Embodiments of the present invention will be described below in detail with reference to the accompanying drawings.
[Embodiment 1]
FIG. 1 is a diagram illustrating a transmissive projection type liquid crystal display device to which the present embodiment is applied. A three-plate liquid crystal projector 1 that is a transmissive projection type liquid crystal display device shown in FIG. 1 includes a white light source 30 that is a light source, and integrator lenses 21 and 22 that make white light 31 emitted from the white light source 30 uniform. The polarization conversion element 10 that separates the white light 31 into S-polarized light and P-polarized light, the dichroic mirrors 51 and 52 that separate the white light 31 into light of different wavelengths, and the transmissive liquid crystal panels 61 and 62 that transmit light of different wavelengths, respectively. 63, a dichroic prism 45 that synthesizes the separated light, and a projection lens 70 that is a projection optical system that forms an image on the screen 80 of the light synthesized by the dichroic prism 45. Further, mirrors 41, 42, 43, and 44, relay lenses 23 and 24, and condenser lenses 25, 26, and 27 are provided as optical components. The white light source 30 includes a high-intensity lamp such as an ultra-high pressure mercury lamp and a metal halide lamp, and a reflector (elliptical mirror) that collects light from the high-intensity lamp.
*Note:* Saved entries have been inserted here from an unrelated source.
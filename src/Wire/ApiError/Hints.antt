-- ===== src/Wire/ApiError/Hints.antt =====
-- What an error response of src/serialization.cpp tells the retry loop: whether to retry, and when.
use gemini_cpp.Base.{
  ℕ, ◌+◌, ◌<◌, ◌==◌, All, length, map, refl, ◌∙◌, ◌^◌, ◌%◌, ◌-◌, ◌*◌, ltb, Bool, true, false, List,
  [], ◌∷◌, Option, none, some, if◌then◌else◌, ◌≡◌, ◌↔◌, ◌⊎◌, inl, inr, arith, Bool-cases,
  Option-cases, or_value, ◌++◌,
}
use gemini_cpp.Base.Int.{ℤ, pos, negsuc, ◌≤ℤ◌, to_i64}
use gemini_cpp.Base.Text.{Bytes, codes, equal, is_digit, ends_with, pop_back, show_ℤ}
use gemini_cpp.Error.{is_retryable, retryable}
use gemini_cpp.Json.{FloatLib, JsonLib, find_member}
use gemini_cpp.Wire.{string_or, object_at, array_at}
use gemini_cpp.Wire.ApiError.{
  Headers, code_for_status, retry_header, seconds_hint, from_chars, retry_info,
  parse_proto_duration, body_fields, read_digits, parse_api_error,
}

-- The statuses that stand for a transient failure.
abbrev pub IsTransient : ℤ → Bytes → Type 0
IsTransient status api =
    (equal api (codes "RESOURCE_EXHAUSTED") ≡ true)
    ⊎ ((equal api (codes "DEADLINE_EXCEEDED") ≡ true)
        ⊎ ((status ≡ pos 408) ⊎ ((status ≡ pos 429) ⊎ ((pos 500 ≤ℤ status) × (status ≤ℤ pos 599)))))

retryable_code :
    (status : ℤ) (api : Bytes)
    → is_retryable (code_for_status status api) ≡ true
    → IsTransient status api
unfolding is_retryable code_for_status
retryable_code (pos n) api h = ground arith
retryable_code (negsuc n) api h = ground arith

transient_code :
    (status : ℤ) (api : Bytes)
    → IsTransient status api
    → is_retryable (code_for_status status api) ≡ true
unfolding is_retryable code_for_status
transient_code status api h = ground arith

abbrev pub IsInt64 : ℤ → Type 0
IsInt64 n = (negsuc (2 ^ 63 - 1) ≤ℤ n) × (n ≤ℤ pos (2 ^ 63 - 1))

pub to_i64-IsInt64 : (n : ℤ) → IsInt64 (to_i64 n)
to_i64-IsInt64 (pos n) = elim (Bool-cases (ltb (n % 2 ^ 64) (2 ^ 63))) [
  | inl e ↦ rw e (ground arith)
  | inr e ↦ rw e (ground arith)
]
to_i64-IsInt64 (negsuc n) = elim (Bool-cases (ltb (n % 2 ^ 64) (2 ^ 63))) [
  | inl e ↦ rw e (ground arith)
  | inr e ↦ rw e (ground arith)
]

-- The cast of a double gives a signed 64-bit number, also where C++ does not say which.
abbrev pub Casts : FloatLib → Type 0
Casts F = (x : F.Double) → IsInt64 (F.to_int x)

abbrev pub IsHint : Option ℤ → Type 0
IsHint none = Unit
IsHint (some ms) = IsInt64 ms

either_IsHint : (b : Bool) (h k : Option ℤ) → IsHint h → IsHint k → IsHint (if b then h else k)
either_IsHint true h k hn kn = hn
either_IsHint false h k hn kn = kn

seconds-IsHint : (r : Option (ℤ × Bytes)) → IsHint (seconds_hint r)
unfolding seconds_hint
seconds-IsHint none = tt
seconds-IsHint (some (pos n, rest)) = to_i64-IsInt64 (pos (n * 1000))
seconds-IsHint (some (negsuc n, rest)) = tt

-- The number that decimal digits stand for, after others that stand for `v`, and their text.
abbrev pub number_of : ℕ → List ℕ → ℕ
number_of v [] = v
number_of v (d ∷ ds) = number_of (v * 10 + d) ds

abbrev pub written : List ℕ → Bytes
written ds = map (λ d. b'0' + d) ds

read_digits-written :
    (ds : List ℕ) (v n : ℕ)
    → All (λ d. d < 10) ds
    → read_digits v n (written ds) ≡ (number_of v ds, n + length ds, [])
unfolding read_digits
read_digits-written [] v n h = ground arith
read_digits-written (d ∷ ds) v n (lt, h) =
    let digit : is_digit (b'0' + d) ≡ true = ground arith in
    let value : v * 10 + (b'0' + d - b'0') ≡ v * 10 + d = omega arith in
    let count : n + 1 + length ds ≡ n + length (d ∷ ds) = omega arith in
    rw (digit, read_digits)
      (read_digits-written ds (v * 10 + (b'0' + d - b'0')) (n + 1) h ∙ rw (value, count) refl)

from_chars-written :
    (d : ℕ) (ds : List ℕ) (bound : ℕ)
    → All (λ c. c < 10) (d ∷ ds)
    → number_of 0 (d ∷ ds) < bound
    → from_chars bound (written (d ∷ ds)) ≡ some (pos (number_of 0 (d ∷ ds)), [])
unfolding from_chars
from_chars-written d ds bound h lt =
    let no_sign : (b'0' + d == b'-') ≡ false = ground arith in
    let some_digits : (0 + length (d ∷ ds) == 0) ≡ false = ground arith in
    let small : ltb (number_of 0 (d ∷ ds)) bound ≡ true = ground arith in
    rw (no_sign, read_digits-written (d ∷ ds) 0 0 h, some_digits, small) refl

seconds-written :
    (d : ℕ) (ds : List ℕ)
    → All (λ c. c < 10) (d ∷ ds)
    → number_of 0 (d ∷ ds) * 1000 < 2 ^ 63
    → seconds_hint (from_chars (2 ^ 63) (written (d ∷ ds)))
      ≡ some (pos (number_of 0 (d ∷ ds) * 1000))
unfolding seconds_hint
seconds-written d ds h lt =
    let whole : number_of 0 (d ∷ ds) * 1000 % 2 ^ 64 ≡ number_of 0 (d ∷ ds) * 1000 = omega arith in
    let small : ltb (number_of 0 (d ∷ ds) * 1000) (2 ^ 63) ≡ true = ground arith in
    rw (from_chars-written d ds (2 ^ 63) h (omega arith), whole, small) refl

module _ (F : FloatLib) (L : JsonLib F.Double) where
  open L use {Json}

  parse_api_error-retryable :
      (status : ℤ) (body : Bytes) (headers : Headers)
      → let e = parse_api_error F L status body headers in
        (retryable e ≡ true) ↔ IsTransient status e.api_status
  unfolding parse_api_error
  parse_api_error-retryable status body headers = (retryable_code status _, transient_code status _)

  -- With a body that is no JSON, the hint is the header's.
  parse_api_error-header :
      (status : ℤ) (body : Bytes) (headers : Headers) (d : ℕ) (ds : List ℕ)
      → All (λ c. c < 10) (d ∷ ds)
      → number_of 0 (d ∷ ds) * 1000 < 2 ^ 63
      → find_member headers (codes "retry-after") ≡ some (written (d ∷ ds))
      → L.parse body ≡ none
      → (parse_api_error F L status body headers).retry_after
        ≡ some (pos (number_of 0 (d ∷ ds) * 1000))
  unfolding parse_api_error body_fields retry_header
  parse_api_error-header status body headers d ds h lt value no_json =
      rw (no_json, parse_api_error) (rw (value, retry_header) (seconds-written d ds h lt))

  module _ (casts : Casts F) where
    parse_proto_duration-IsHint : (s : Bytes) → IsHint (parse_proto_duration F L s)
    unfolding parse_proto_duration
    parse_proto_duration-IsHint s =
        ground (arith, casts (F.ceil (F.mul (F.strtod (pop_back s)).0 (F.of_int (pos 1000)))))

    retry_info-IsHint :
        (ds : List Json) (hint : Option ℤ) → IsHint hint → IsHint (retry_info F L ds hint)
    unfolding retry_info
    retry_info-IsHint [] hint h = h
    retry_info-IsHint (d ∷ ds) hint h = retry_info-IsHint ds _ (
        either_IsHint (ends_with (string_or L d (codes "@type") []) (codes "google.rpc.RetryInfo"))
          (parse_proto_duration F L (string_or L d (codes "retryDelay") [])) hint
          (parse_proto_duration-IsHint (string_or L d (codes "retryDelay") [])) h)

    retry_header-IsHint : (headers : Headers) → IsHint (retry_header F L headers)
    unfolding retry_header
    retry_header-IsHint headers = elim (Option-cases (find_member headers (codes "retry-after"))) [
      | inl e ↦ rw e tt
      | inr (v, e) ↦ rw e (seconds-IsHint (from_chars (2 ^ 63) v))
    ]

    body_fields-IsHint :
        (message body : Bytes) (j : Option Json) → IsHint (body_fields F L message body j).2
    unfolding body_fields
    body_fields-IsHint message body none = tt
    body_fields-IsHint message body (some j) = elim (Bool-cases (L.is_object j)) [
      | inr e ↦ rw e tt
      | inl e ↦ elim (Option-cases (object_at L j (codes "error"))) [
        | inl n ↦ rw (e, n) tt
        | inr (v, n) ↦
            rw (e, n) (retry_info-IsHint (or_value (array_at L v (codes "details")) []) none tt)
      ]
    ]

    choose-IsHint :
        (h k : Option ℤ) → IsHint h → IsHint k → IsHint (elim h [ some ms ↦ some ms | none ↦ k ])
    choose-IsHint none k hn kn = kn
    choose-IsHint (some ms) k hn kn = hn

    parse_api_error-IsHint :
        (status : ℤ) (body : Bytes) (headers : Headers)
        → IsHint (parse_api_error F L status body headers).retry_after
    unfolding parse_api_error
    parse_api_error-IsHint status body headers =
        choose-IsHint _ _ (body_fields-IsHint (codes "HTTP " ++ show_ℤ status) body _)
          (retry_header-IsHint headers)

    -- If the cast of a double gives a signed 64-bit number, as its type says: an API error is retried exactly
    -- for a transient status, which are the RPC statuses RESOURCE_EXHAUSTED and DEADLINE_EXCEEDED, and
    -- HTTP 408, 429 and 500 to 599; its hint, from the body or the header, is a signed 64-bit number of
    -- milliseconds; and for a body that is no JSON and a Retry-After header of decimal digits it is 1000 times
    -- their number, if that is less than 2^63.
    pub parse_api_error_lem :
        (status : ℤ) (body : Bytes) (headers : Headers)
        → let e = parse_api_error F L status body headers in
          ((retryable e ≡ true) ↔ IsTransient status e.api_status)
          × IsHint e.retry_after
          × ((d : ℕ) (ds : List ℕ)
              → All (λ c. c < 10) (d ∷ ds)
              → number_of 0 (d ∷ ds) * 1000 < 2 ^ 63
              → find_member headers (codes "retry-after") ≡ some (written (d ∷ ds))
              → L.parse body ≡ none
              → e.retry_after ≡ some (pos (number_of 0 (d ∷ ds) * 1000)))
    parse_api_error_lem status body headers = (
      parse_api_error-retryable status body headers,
      parse_api_error-IsHint status body headers,
      parse_api_error-header status body headers,
    )
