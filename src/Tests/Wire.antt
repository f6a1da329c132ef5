-- ===== src/Tests/Wire.antt =====
-- src/serialization.cpp over the sample JSON values.
use gemini_cpp.Base.{
  ℕ, ◌*◌, ◌<◌, ◌^◌, All, List, none, true, false, [], ◌∷◌, some, ◌++◌, ◌≡◌, ◌↔◌, refl,
}
use gemini_cpp.Base.Int.{ℤ, pos, negsuc}
use gemini_cpp.Base.Text.{codes, equal}
use gemini_cpp.Error.{ok, err, throws, retryable, make_error, parse}
use gemini_cpp.Json.{JsonLib, find_member}
use gemini_cpp.Json.Sample.{
  ints, values, values_laws, Value, text_value, int_value, object_value, member, end,
}
use gemini_cpp.Types.{user, text, call, response, Part, Content}
use gemini_cpp.Wire.{string_or, parse_part, parse_parts, parse_content}
use gemini_cpp.Wire.Print.{content_to_json}
use gemini_cpp.Wire.Parts.{
  Reads, done, keep, skip, text_part, response_part, no_name, parse_parts_lem, parse_part-throws,
}
use gemini_cpp.Wire.RoundTrip.{parse_content-content_to_json}
use gemini_cpp.Wire.ApiError.{from_chars, parse_api_error}
use gemini_cpp.Wire.ApiError.Hints.{
  IsTransient, IsHint, number_of, written, to_i64-IsInt64, parse_api_error_lem,
}

abbrev question : Content Value
question = record {
  role = user;
  parts =
      record { value = text (codes "hi"); thought = true; thought_signature = codes "s" }
      ∷ record {
        value = call (record { name = codes "f"; args = int_value (pos 3); id = codes "7" });
        thought = false;
        thought_signature = [];
      }
      ∷ [];
}

abbrev text_json : Value
text_json = object_value (member (codes "text") (text_value (codes "a")) end)

abbrev image_json : Value
image_json = object_value (member (codes "inlineData") (int_value (pos 1)) end)

abbrev nameless_json : Value
nameless_json = object_value (member (codes "functionCall") (object_value end) end)

abbrev odd_thought : Value
odd_thought = object_value (
    member (codes "text") (text_value (codes "a"))
      (member (codes "thought") (text_value (codes "yes")) end))

abbrev text_a : Part Value
text_a = record { value = text (codes "a"); thought = false; thought_signature = [] }

from_chars-42 : from_chars 128 (codes "-42 s") ≡ some (negsuc 41, codes " s")
unfolding from_chars
from_chars-42 = refl

parse_content-content_to_json_example :
    parse_content values (content_to_json values question) ≡ ok question
parse_content-content_to_json_example =
    parse_content-content_to_json values values_laws question (tt, ((refl, refl), tt))

abbrev answer_json : Value
answer_json = object_value (
    member (codes "functionResponse")
      (object_value (member (codes "name") (text_value (codes "f")) end)) end)

abbrev answer_f : Part Value
answer_f = record {
  value = response (record { name = codes "f"; response = object_value end; id = [] });
  thought = false;
  thought_signature = [];
}

Reads-three : Reads values (text_json ∷ image_json ∷ answer_json ∷ []) (text_a ∷ answer_f ∷ [])
unfolding equal string_or
Reads-three =
    keep refl (text_part refl refl)
      (skip refl (refl, refl, refl) (keep refl (response_part refl refl refl) done))

parse_parts_lem_example :
    (parse_parts values (text_json ∷ image_json ∷ answer_json ∷ []) []
      ≡ ok (text_a ∷ answer_f ∷ []))
    × (parse_parts values ((text_json ∷ image_json ∷ answer_json ∷ []) ++ nameless_json ∷ []) []
        ≡ err (make_error parse (codes "functionCall without name")))
unfolding equal
parse_parts_lem_example =
    parse_parts_lem values nameless_json [] Reads-three (no_name refl refl refl refl)

parse_part-throws_example :
    (v : Value) × (values.find odd_thought (codes "thought") ≡ some v)
    × (values.get_bool v ≡ throws [])
unfolding parse_part equal
parse_part-throws_example = parse_part-throws values odd_thought refl

-- A library to which no body is JSON.
abbrev no_json : JsonLib ℤ
no_json = record values { parse = λ s. none }

parse_api_error_lem_example :
    let e = parse_api_error ints no_json (pos 429) [] ((codes "retry-after", codes "7") ∷ []) in
    ((retryable e ≡ true) ↔ IsTransient (pos 429) e.api_status)
    × IsHint e.retry_after
    × ((d : ℕ) (ds : List ℕ)
        → All (λ c. c < 10) (d ∷ ds)
        → number_of 0 (d ∷ ds) * 1000 < 2 ^ 63
        → find_member ((codes "retry-after", codes "7") ∷ []) (codes "retry-after")
          ≡ some (written (d ∷ ds))
        → no_json.parse [] ≡ none
        → e.retry_after ≡ some (pos (number_of 0 (d ∷ ds) * 1000)))
parse_api_error_lem_example =
    parse_api_error_lem ints no_json to_i64-IsInt64 (pos 429) []
      ((codes "retry-after", codes "7") ∷ [])

seven_seconds :
    (parse_api_error ints values (pos 429) [] ((codes "retry-after", codes "7") ∷ [])).retry_after
    ≡ some (pos 7000)
unfolding parse_api_error equal from_chars
seven_seconds = refl

-- The greatest number of seconds overflows as milliseconds.
overflowing :
    (parse_api_error ints values
      (pos 429)
      []
      ((codes "retry-after", codes "9223372036854775807") ∷ [])).retry_after
    ≡ some (negsuc 999)
unfolding parse_api_error equal from_chars
overflowing = refl
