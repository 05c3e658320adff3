-- ===== src/Lib.antt =====
-- Orion Dock: agents in containers, with skills behind a sandbox, an execution loop around a language
-- model, safety checks, and a birth that ends in a signed constitution. This library models the core
-- logic of the Rust crates and proves what makes it correct.
--
-- The parts and their files:
--   Skills      crates/orion-skills. Manifest: the data of manifest.rs. Failure: structured_failure.rs
--               (`kind_key`, `to_constraint`). Sandbox: sandbox.rs (`filter_permissions`,
--               `check_permission`). Registry: registry.rs and the data of skill.rs. Executor:
--               executor.rs, a tool call through registry, sandbox, limiter and timeout.
--   Router      crates/orion-router. Goal: goal_frame.rs, the plan. Execution: execution_state.rs, the
--               working memory and `detect_progress`. Prompts: the texts of execution_state.rs and
--               governor.rs. Governor: the loop of governor.rs. Planner: planner.rs, and the
--               execution of governor.rs with its plan. Constraints: constraint_store.rs.
--               Provider: provider.rs of crates/orion-capabilities, what goes to a model. Routing:
--               router.rs, the check of a message and the routes to Id and Ego. Clients: how a router
--               is put together.
--   Birth       crates/orion-birth. Stage, Orchestrator and Ceremony: stages.rs, with
--               `sign_constitutional_documents` of crates/orion-core/src/keyring.rs. Machine: what the
--               operations change outside, with the birth records of crates/orion-memory. Verifier:
--               verifier.rs and document.rs of crates/orion-core, the check of the signed documents.
--   Core        crates/orion-core. Superego: superego.rs, the checks on messages and queries. Policy:
--               policy.rs, the gate on tool requests. Hosts: local_llm_url.rs, and the trust policy for MCP
--               servers of config.rs.
--   Tools       skills/. Filesystem: skill-filesystem, reading, writing, listing and searching below
--               allowed roots. Shell: skill-shell, a command of the shell behind a safety check. Install:
--               skill-cooperative-install, packages installed here, in the sidecar or by a script for
--               the mentor. Toolbox: skill-docker-exec, commands and packages in the sidecar, over HTTP (Calls).
--               Http: skill-http, the check of URLs and (Requests) the requests.
--               Host: what they use of the operating system and of serde_json.
--   Api         crates/orion-api. Jobs: the scheduled jobs of orchestration.rs, their significance,
--               and (Requests) the changes of their list. Store: the files of jobs and of their log.
--   Urls        what is used of the url crate.
--   Prelude, Affixes  shared names, lists, texts and maps; prefix and suffix tests.
--
-- How they interact: the governor records the failures of tools (Failure) as attempts, learns
-- constraints from them and chooses its next strategy by progress detection; the executor asks the
-- registry for a skill and judges its tool by the sandbox of the skill's tier; the policy asks the
-- superego about the query of a web tool, and the router about the last message of the user; the tools
-- fill the interface of skills that the executor calls; the birth signs and records with the key ring
-- and the store.
--
-- How code becomes definitions: a struct is a record, an enum a data type, a method a function by
-- clauses. A method that changes its object returns the new state. A panic is `none`. The language
-- models, the tools, the parser and the clock of the governor are an environment `Env` over a world;
-- skills run under `Run`; paths, cryptography, base64, templates and time of the birth are a
-- `Platform`, and the libraries under the verifier a `Crypto`; Unicode tables are a `Unicode`; JSON
-- values are a type `Value`; the operating system under the skills and the job files is an `Os` over a
-- world, its file paths are lists of components, so that a path is shown without a trailing slash or
-- an inner `.`, a timeout bounds the wait for a command and does not stop it, and cron is a function; an HTTP client is a function
-- over a world, and the parser of URLs a parameter; a model behind the router
-- is an `LlmProvider`, and a stream the list of its events. The birth's fallible file and database
-- operations take their failures from the list `faults`, so every interleaving of successes and
-- failures is covered. Numbers are natural numbers: the code compares them, and adds only counters
-- that a plan bounds.
--
-- Bounds: the governor's loop is a recursion on the rounds that are left of the plan's
-- `max_iterations`, as the code's `for` loop is, so no fuel is chosen. All other recursions are
-- structural.
--
-- Not modelled: the council of crates/orion-router; the parsing of manifests
-- and the discovery of skills on disk; the interleaving of calls on the executor's limiter; the birth
-- chat; vaults and secrets; the traces of the superego; the soul forge and crystallization; the
-- constant descriptors of tools; the other skills; HTTP routes, e-mail and the web interface. They are
-- I/O, glue, floating point, or left for an extension.
pub mod Prelude
pub mod Affixes
pub mod Urls
pub mod Skills
pub mod Router
pub mod Birth
pub mod Core
pub mod Tools
pub mod Api
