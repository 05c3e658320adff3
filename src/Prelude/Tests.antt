-- ===== src/Prelude/Tests.antt =====
-- Boolean tests on the native numbers, the conditional, and splits that keep an equation.
use Prim.Native.Nat.{ℕ, ◌≤◌, compare, Ordering}
use mathlib.Core.Path.{◌≡◌, refl}
use mathlib.Core.Logic.{◌↔◌, ◌≢◌, ◌⊎◌, inl, inr}
use mathlib.Core.Bool.{not, Bool, true, false, ◌&&◌, ◌||◌}
use mathlib.Core.Option.{Option, none, some}
use native.Mathlib.Omega.{arith}

abbrev pub ltb : ℕ → ℕ → Bool
ltb a b = elim (compare a b) [ Ordering.lt ↦ true | _ ↦ false ]

abbrev pub leb : ℕ → ℕ → Bool
leb a b = elim (compare a b) [ Ordering.gt ↦ false | _ ↦ true ]

abbrev pub eqb : ℕ → ℕ → Bool
eqb a b = elim (compare a b) [ Ordering.eq ↦ true | _ ↦ false ]

infix 1 if◌then◌else◌
abbrev pub if◌then◌else◌ {ℓ} : {A : Type ℓ} → Bool → A → A → A
if true then x else y = x
if false then x else y = y

pub eqb_iff : (a b : ℕ) → (eqb a b ≡ true) ↔ (a ≡ b)
eqb_iff a b = ground arith

pub Bool-cases : (b : Bool) → (b ≡ true) ⊎ (b ≡ false)
Bool-cases true = inl refl
Bool-cases false = inr refl

pub Option-cases {ℓ} : {A : Type ℓ} (o : Option A) → (o ≡ none) ⊎ ((a : A) × (o ≡ some a))
Option-cases none = inl refl
Option-cases (some a) = inr (a, refl)

pub and_eq_true : (a b : Bool) → (a && b) ≡ true → (a ≡ true) × (b ≡ true)
and_eq_true true b h = (refl, h)
and_eq_true false b h = cc

pub or_eq_true : (a b : Bool) → (a || b) ≡ true → (a ≡ true) ⊎ (b ≡ true)
or_eq_true true b h = inl refl
or_eq_true false b h = inr h

pub or_left : (a b : Bool) → a ≡ true → (a || b) ≡ true
or_left true b h = refl
or_left false b h = cc

pub or_right : (a b : Bool) → b ≡ true → (a || b) ≡ true
or_right true b h = refl
or_right false b h = h

-- The branch that a test leaves of an equation on a conditional.
pub then_of {ℓ} :
    {A : Type ℓ} {b : Bool} {x z : A} (y : A) → b ≡ true → (if b then x else y) ≡ z → x ≡ z
then_of {b = true} y e h = h
then_of {b = false} y e h = cc

pub else_of {ℓ} :
    {A : Type ℓ} {b : Bool} {y z : A} (x : A) → b ≡ false → (if b then x else y) ≡ z → y ≡ z
else_of {b = true} x e h = cc
else_of {b = false} x e h = h

pub not_both : {b : Bool} → b ≡ true → b ≢ false
not_both h e = cc

pub not_of_false : {P : Type 0} (b : Bool) → (b ≡ true) ↔ P → b ≡ false → ¬ P
not_of_false b i e h = not_both (i.1 h) e

pub false_of_not : {P : Type 0} (b : Bool) → (b ≡ true) ↔ P → ¬ P → b ≡ false
false_of_not b i h = elim (Bool-cases b) [ inl e ↦ absurd (h (i.0 e)) | inr e ↦ e ]

-- A test decides a statement.
abbrev pub Holds : Bool → Type 0 → Type 0
Holds b P = (b ≡ true) ↔ P

pub and_iff : {P Q : Type 0} (a b : Bool) → Holds a P → Holds b Q → Holds (a && b) (P × Q)
and_iff a b p q = (
  λ h. let (x, y) = and_eq_true a b h in (p.0 x, q.0 y),
  λ (x, y). let e = p.1 x in let f = q.1 y in ground arith,
)

pub or_iff : {P Q : Type 0} (a b : Bool) → Holds a P → Holds b Q → Holds (a || b) (P ⊎ Q)
or_iff a b p q = (
  λ h. elim (or_eq_true a b h) [ inl x ↦ inl (p.0 x) | inr y ↦ inr (q.0 y) ],
  λ h. elim h [ inl x ↦ or_left _ _ (p.1 x) | inr y ↦ or_right _ _ (q.1 y) ],
)

pub not_iff : {P : Type 0} (a : Bool) → Holds a P → Holds (not a) (¬ P)
not_iff true p = (λ h. cc, λ h. absurd (h (p.0 refl)))
not_iff false p = (λ h x. not_both (p.1 x) refl, λ h. refl)

pub leb_iff : (a b : ℕ) → Holds (leb a b) (a ≤ b)
leb_iff a b = (λ h. ground arith, λ h. ground arith)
In the three-plate liquid crystal projector 1 according to the present embodiment, white light 31 converted into substantially parallel light by the reflector is emitted from the white light source 30. The emitted white light 31 enters the integrator lens 21. The integrator lens 21 divides the incident white light 31 into a plurality of light beams by a plurality of lens cells arranged in a matrix and efficiently guides the light to pass through the integrator lens 22 and the polarization conversion element 10. Similar to the integrator lens 21, the integrator lens 22 having a plurality of lens cells arranged in a matrix shape changes the shape of the lens cell of the integrator lens 21 corresponding to each of the constituting lens cells to the transmissive liquid crystal panels 61, 62, 63. Project to the side. Then, the projection images of the lens cells of the integrator lens 21 are superimposed on the transmissive liquid crystal panels 61, 62, 63 by the relay lenses 23, 24 and the condenser lenses 25, 26, 27. At that time, since the white light 31 is aligned with linearly polarized light in the same direction by the polarization conversion element 10, it is possible to reduce the light amount loss in the transmissive liquid crystal panels 61, 62, and 63.
In this process, the white light 31 emitted from the white light source 30 is separated by the dichroic mirrors 51 and 52 into the three primary colors of blue light 32, green light 33, and red light 34. , 62, 63 are irradiated. Here, the dichroic mirror 51 has a green-blue reflection red transmission characteristic, and the dichroic mirror 52 has a green reflection blue transmission characteristic.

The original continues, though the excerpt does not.